Good idea! Maybe show it with the wire on it and "in use".

DM


----------



## jimmy21 (Jul 2, 2008)

DangerMouse said:


> Good idea! Maybe show it with the wire on it and "in use".
> 
> DM


ya, i planned on doing that. It had come up in a thread and i said id post a how to, so i did. I think those instructions should be able to be followed. I was planning to building one, maybe i'll just video record it, and post it to youtube. Then it would look official :laughing:


----------



## J. V. (Jun 1, 2007)

You got me. How does it work? I have never used anything like that. I have only pulled NM from a reel or box. Without some cable on it, it is just, well just nothing. Jbfan. Got a picture?


----------



## jimmy21 (Jul 2, 2008)

J. V. said:


> You got me. How does it work? I have never used anything like that. I have only pulled NM from a reel or box. Without some cable on it, it is just, well just nothing. Jbfan. Got a picture?

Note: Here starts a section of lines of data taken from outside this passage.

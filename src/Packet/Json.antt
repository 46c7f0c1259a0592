-- ===== src/Packet/Json.antt =====
-- Decoded JSON (`any` with `json.Number`) and its accessors in
-- internal/packetissuance/validation.go. An object holds each key once. A key that is missing reads
-- as nil, which is what null decodes to.
use chrono_desk.Text.Chars.{valid_text}
use chrono_desk.Text.Decimal.{negsuc, parse_int, pos, ℤ}
use chrono_desk.Prelude.{
  Bool, List, Option, String, [], all, false, if◌then◌else◌, leb, length, ltb, none, not, some, suc,
  true, ℕ, ◌&&◌, ◌||◌, ◌∷◌,
}
use chrono_desk.Prelude.Classes.{string_eq, nat_eq, ◌==◌}

mutual
  pub data Value : Type 0 where
    null : Value
    boolean : Bool → Value
    string : String → Value
    number : String → Value
    array : Items → Value
    object : Fields → Value

  pub data Items : Type 0 where
    nil : Items
    cons : Value → Items → Items

  pub data Fields : Type 0 where
    end : Fields
    field : String → Value → Fields → Fields

-- `len(items)` and `len(obj)`
abbrev pub item_count : Items → ℕ
item_count nil = 0
item_count (cons v vs) = suc (item_count vs)

abbrev pub field_count : Fields → ℕ
field_count end = 0
field_count (field k v fs) = suc (field_count fs)

abbrev pub items_list : Items → List Value
items_list nil = []
items_list (cons v vs) = v ∷ items_list vs

-- `_, ok := obj[key]`
unfoldable pub has_key : String → Fields → Bool
has_key key end = false
has_key key (field k v fs) = k == key || has_key key fs

-- `obj[key]`
unfoldable pub get : String → Fields → Value
get key end = null
get key (field k v fs) = if k == key then v else get key fs

unfoldable pub exact_keys : Fields → List String → Bool
unfolding has_key
exact_keys obj keys = field_count obj == length keys && all (λ key. has_key key obj) keys

-- The type assertions: `none` where `ok` is false.
abbrev pub as_object : Value → Option Fields
as_object (object fs) = some fs
as_object _ = none

abbrev pub as_array : Value → Option Items
as_array (array vs) = some vs
as_array _ = none

abbrev pub as_string : Value → Option String
as_string (string s) = some s
as_string _ = none

abbrev pub as_bool : Value → Option Bool
as_bool (boolean b) = some b
as_bool _ = none

abbrev pub is_null : Value → Bool
is_null null = true
is_null _ = false

unfoldable pub string_value : Value → String
string_value (string s) = s
string_value _ = ""

abbrev int_or_minus_one : Option ℤ → ℤ
int_or_minus_one none = negsuc 0
int_or_minus_one (some n) = n

unfoldable pub integer : Value → ℤ
integer (number s) = int_or_minus_one (parse_int 64 s)
integer _ = negsuc 0

abbrev pub max_safe_integer : ℕ
max_safe_integer = 9007199254740991

-- `none` where the second result is false.
unfoldable pub safe_integer : Value → Bool → Option ℕ
unfolding integer
safe_integer value positive = elim (integer value) [
  | negsuc n ↦ none
  | pos n ↦ if leb n max_safe_integer && (not positive || ltb 0 n) then some n else none
]

-- `none` where the second result is false; `some none` where the key is missing.
unfoldable pub optional_text : Fields → String → ℕ → Option (Option String)
unfolding has_key get
optional_text obj key limit =
    if not (has_key key obj) then some none else elim (as_string (get key obj)) [
      | none ↦ none
      | some s ↦ if valid_text s limit then some (some s) else none
    ]
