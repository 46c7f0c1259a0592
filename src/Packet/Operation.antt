-- ===== src/Packet/Operation.antt =====
-- The operation of internal/packetissuance/model.go, and how validation.go reads rows, persons,
-- bases and changes from decoded JSON.
use chrono_desk.Packet.Validate.{validate_person, validate_registration}
use chrono_desk.Text.Decimal.{ℤ}
use chrono_desk.Text.Chars.{identifier_pattern, uuid_pattern}
use chrono_desk.Packet.Json.{
  Value, as_array, as_bool, as_object, as_string, exact_keys, get, is_null, item_count, items_list,
  string_value,
}
use chrono_desk.Prelude.{
  Bool, List, Option, String, [], if◌then◌else◌, leb, none, not, some, true, ℕ, ◌||◌, ◌∷◌,
}
use Prim.Native.String.{compare}
use package.text.Mathlib.Text.{is_lt}
use chrono_desk.Packet.Model.{
  registered, dns, dnf, dsq, other_status, invalid, ok, Change, Command, Person, Registration,
  Result, Status, fail_if, or_fail, ◌>>=◌, ◌>>◌,
}
use chrono_desk.Prelude.Classes.{string_eq, ◌==◌}

pub record Base : Type 0 where
  pub registration_id : String
  pub heads : List String

pub record Operation : Type 0 where
  pub schema_version : ℤ
  pub operation_id : String
  pub scope_id : String
  pub baseline_id : String
  pub origin_instance_id : String
  pub origin_sequence : ℕ
  pub created_at_ms : ℕ
  pub claimed_actor : String
  pub command : Command
  pub bases : List Base
  pub changes : List Change
  pub note : Option String
  pub canonical : List ℕ

abbrev person_keys : List String
person_keys = "id" ∷ "firstName" ∷ "lastName" ∷ "birthDate" ∷ "gender" ∷ "team" ∷ "city" ∷ []

unfoldable pub parse_person : Value → Result Person
unfolding exact_keys get string_value validate_person
parse_person value = do
  obj ← or_fail (as_object value) invalid
  fail_if (not (exact_keys obj person_keys)) invalid
  let p : Person = record {
    id = string_value (get "id" obj);
    first_name = string_value (get "firstName" obj);
    last_name = string_value (get "lastName" obj);
    birth_date = string_value (get "birthDate" obj);
    gender = string_value (get "gender" obj);
    team = string_value (get "team" obj);
    city = string_value (get "city" obj);
  }
  validate_person p
  ok p

unfoldable pub status_of : String → Status
status_of s =
    if s == "registered"
    then registered
    else if s == "dns"
    then dns
    else if s == "dnf"
    then dnf
    else if s == "dsq"
    then dsq
    else other_status s

unfoldable pub parse_optional_person : Value → Result (Option Person)
unfolding parse_person
parse_optional_person value =
    if is_null value then ok none else (do p ← parse_person value; ok (some p))

unfoldable pub parse_optional_string : Value → Result (Option String)
parse_optional_string value =
    if is_null value then ok none else (do s ← or_fail (as_string value) invalid; ok (some s))

abbrev registration_keys : List String
registration_keys =
    "id" ∷ "eventId" ∷ "raceId" ∷ "bib" ∷ "epc" ∷ "person" ∷ "reserve" ∷ "issued" ∷ "status"
    ∷ "transferredTo" ∷ "hasTimingEvidence" ∷ []

unfoldable pub parse_registration : Value → Result Registration
unfolding parse_optional_person parse_optional_string status_of exact_keys get string_value
parse_registration value = do
  obj ← or_fail (as_object value) invalid
  fail_if (not (exact_keys obj registration_keys)) invalid
  reserve ← or_fail (as_bool (get "reserve" obj)) invalid
  issued ← or_fail (as_bool (get "issued" obj)) invalid
  evidence ← or_fail (as_bool (get "hasTimingEvidence" obj)) invalid
  person ← parse_optional_person (get "person" obj)
  target ← parse_optional_string (get "transferredTo" obj)
  let row : Registration = record {
    id = string_value (get "id" obj);
    event_id = string_value (get "eventId" obj);
    race_id = string_value (get "raceId" obj);
    bib = string_value (get "bib" obj);
    epc = string_value (get "epc" obj);
    person = person;
    reserve = reserve;
    issued = issued;
    status = status_of (string_value (get "status" obj));
    transferred_to = target;
    has_timing_evidence = evidence;
  }
  validate_registration row
  ok row

-- Heads are UUIDs in strictly ascending order; `last` is the head before.
ascending : Option String → String → Bool
ascending none head = true
ascending (some last) head = is_lt (compare last head)

unfoldable pub parse_heads : Option String → List Value → Result (List String)
unfolding ascending
parse_heads last [] = ok []
parse_heads last (value ∷ rest) = do
  head ← or_fail (as_string value) invalid
  fail_if (not (uuid_pattern head) || not (ascending last head)) invalid
  heads ← parse_heads (some head) rest
  ok (head ∷ heads)

unfoldable pub parse_base : Value → Result Base
unfolding parse_heads exact_keys get string_value identifier_pattern
parse_base value = do
  obj ← or_fail (as_object value) invalid
  fail_if (not (exact_keys obj ("registrationId" ∷ "heads" ∷ []))) invalid
  let id = string_value (get "registrationId" obj)
  raw ← or_fail (as_array (get "heads" obj)) invalid
  fail_if (not (identifier_pattern id) || not (leb (item_count raw) 64)) invalid
  heads ← parse_heads none (items_list raw)
  ok (record { registration_id = id; heads = heads })

unfoldable pub parse_change : Value → Result Change
unfolding parse_registration identifier_pattern
parse_change value = do
  obj ← or_fail (as_object value) invalid
  fail_if (not (exact_keys obj ("registrationId" ∷ "before" ∷ "after" ∷ []))) invalid
  before ← parse_registration (get "before" obj)
  after ← parse_registration (get "after" obj)
  let id = string_value (get "registrationId" obj)
  fail_if (not (identifier_pattern id)) invalid
  ok (record { registration_id = id; before = before; after = after })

put your roll of wire on it, and hang the nail from something. Usually i hang it from a piece of romex that i staple to the ceiling. If you hang it too high off the ground, it can start uncoiling wire on its own


----------



## jbfan (Jul 1, 2004)

John, I will see if I can take one today or tomorrow.


----------



## Clutchcargo (Mar 31, 2007)

Same concept as the pex de-spooler. How does it spin?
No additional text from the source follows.